Compensation de houle : passive, active ou tension constante ?
Les systèmes de compensation de houle pour grues offshore se déclinent en trois niveaux : compensation passive (PHC), compensation active (AHC) et tension constante (CT). La précision de compensation progresse de ±20 à 50 cm pour la PHC à ±5 à 10 cm pour l'AHC. Le choix doit intégrer les conditions de mer, les exigences de précision opérationnelle et le budget du projet.

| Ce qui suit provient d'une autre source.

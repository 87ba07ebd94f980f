-- ===== src/Actors/Reported.antt =====
-- What an actor of rekuest_next/actors/base.py sends about its tasks (messages of
-- rekuest_next/messages.py), and how the coroutine of a task ends.
use rekuest_next.Prelude.{String, Bool, true, false}
use rekuest_next.Objects.{Fields}

-- What an actor sends about its task. The texts of errors and of the progress are left out.
pub data ActorMessage : Type 0 where
  progress completed failed critical cancelled paused resumed : ActorMessage
  log : String → ActorMessage
  yields : Fields → ActorMessage

-- `isinstance(message, _TERMINAL_FROM_AGENT_TYPES)` of rekuest_next/agents/base.py
abbrev pub is_terminal : ActorMessage → Bool
is_terminal completed = true
is_terminal failed = true
is_terminal critical = true
is_terminal cancelled = true
is_terminal _ = false

-- How the coroutine ends: it returns, an exception leaves it, or the task is cancelled.
pub data Ending : Type 0 where
  returned raised stopped : Ending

En opération de levage en mer, la plus grande incertitude ne réside pas dans le poids de la charge, mais dans le mouvement constant de la plateforme. Le pilonnement du navire induit par la houle peut atteindre ±1,5 à 2,5 m dans des conditions de mer modérées, avec des périodes de 5 à 12 secondes. Sans compensation, le crochet suit les mouvements verticaux du navire : au mieux, l'efficacité opérationnelle s'en trouve réduite ; au pire, la charge heurte le pont ou les équipements sous-marins, provoquant des accidents graves.
La comparaison des paramètres techniques des trois niveaux de compensation de houle s'appuie sur la méthode de calcul du coefficient de charge dynamique de la norme ISO 4301 / FEM 1.001, et la classification de la précision de compensation se réfère aux exigences de performance de la norme DNV-ST-0378 pour la compensation de houle des grues offshore.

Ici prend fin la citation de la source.